Remarkably, scientists already knew about mix-and-match cryptic–conspicuous forms of protective coloration in three other contexts. One of these is deimatism, in which cryptic prey briefly flash a hidden conspicuous patch to cause the predator to hesitate — such prey might or might not have chemical defences12. Another is flash coloration, whereby prey expose conspicuous patches while fleeing but hide them as soon as they come to rest, causing the predator to search for an inappropriate object13. The third is distance-dependent camouflage, in which defended prey are cryptic far off but conspicuous up close14.

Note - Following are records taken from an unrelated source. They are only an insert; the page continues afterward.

-- ===== src/AnyResult/Examples.antt =====
-- Tests of three handlers, and the theorems there.
use replob_prototype.Prelude.{ℕ, ◌≡◌, refl, arith, some}
use replob_prototype.AnyResult.{
  AnyResult, any_started, give, give_none, proceed_with, all_started, destroy, Step, gives,
  gives_none, proceeds, starts_all, destroys, Reach, here, next,
}
use replob_prototype.AnyResult.Answer.{IsAnswered, any_result_lem, any_result-returns}

-- Of three handlers the first throws, the second gives 5 and the third 6 before the caller is told.
abbrev two_given : AnyResult ℕ
two_given = give 6 (give 5 (give_none (any_started 3)))

two_given-Reach : Reach 3 two_given
unfolding any_started give_none give
two_given-Reach =
    next (next (next (here (omega arith)) (gives_none (omega arith))) (gives 5 (omega arith)))
      (gives 6 (omega arith))

any_result_lem_example : IsAnswered two_given two_given.first
any_result_lem_example = any_result_lem two_given-Reach

-- The caller has been told, and the counter is gone.
abbrev over : AnyResult ℕ
over = destroy (all_started (proceed_with 5 two_given))

told_five : (over.result ≡ some 5) × (over.proceeds ≡ 1)
unfolding any_started give_none give proceed_with all_started destroy
told_five = (refl, refl)

over-Reach : Reach 3 over
unfolding any_started give_none give proceed_with all_started destroy
over-Reach =
    next (next (next two_given-Reach (proceeds 5 refl)) (starts_all refl))
      (destroys refl refl refl refl)

over-stuck : (t : AnyResult ℕ) → Step over t → ⊥
unfolding any_started give_none give proceed_with all_started destroy
over-stuck t (gives r h) = omega (arith, h)
over-stuck t (gives_none h) = omega (arith, h)
over-stuck t (proceeds r h) = cc
over-stuck t (starts_all h) = cc
over-stuck t (destroys z w st d) = cc

any_result-returns_example : (over.proceeds ≡ 1) × (over.result ≡ over.first)
any_result-returns_example = any_result-returns over-Reach over-stuck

However, none of these three examples was used to solve the aposematism paradox until now. With a new solution at hand, namely that aposematism can evolve without loss of crypsis, it is essential to examine how widespread the phenomenon is by investigating other groups of species with ‘dangerous’ reputations, such as sea slugs and snakes. Once again, Wallace has led the way, and we mortals simply follow on behind.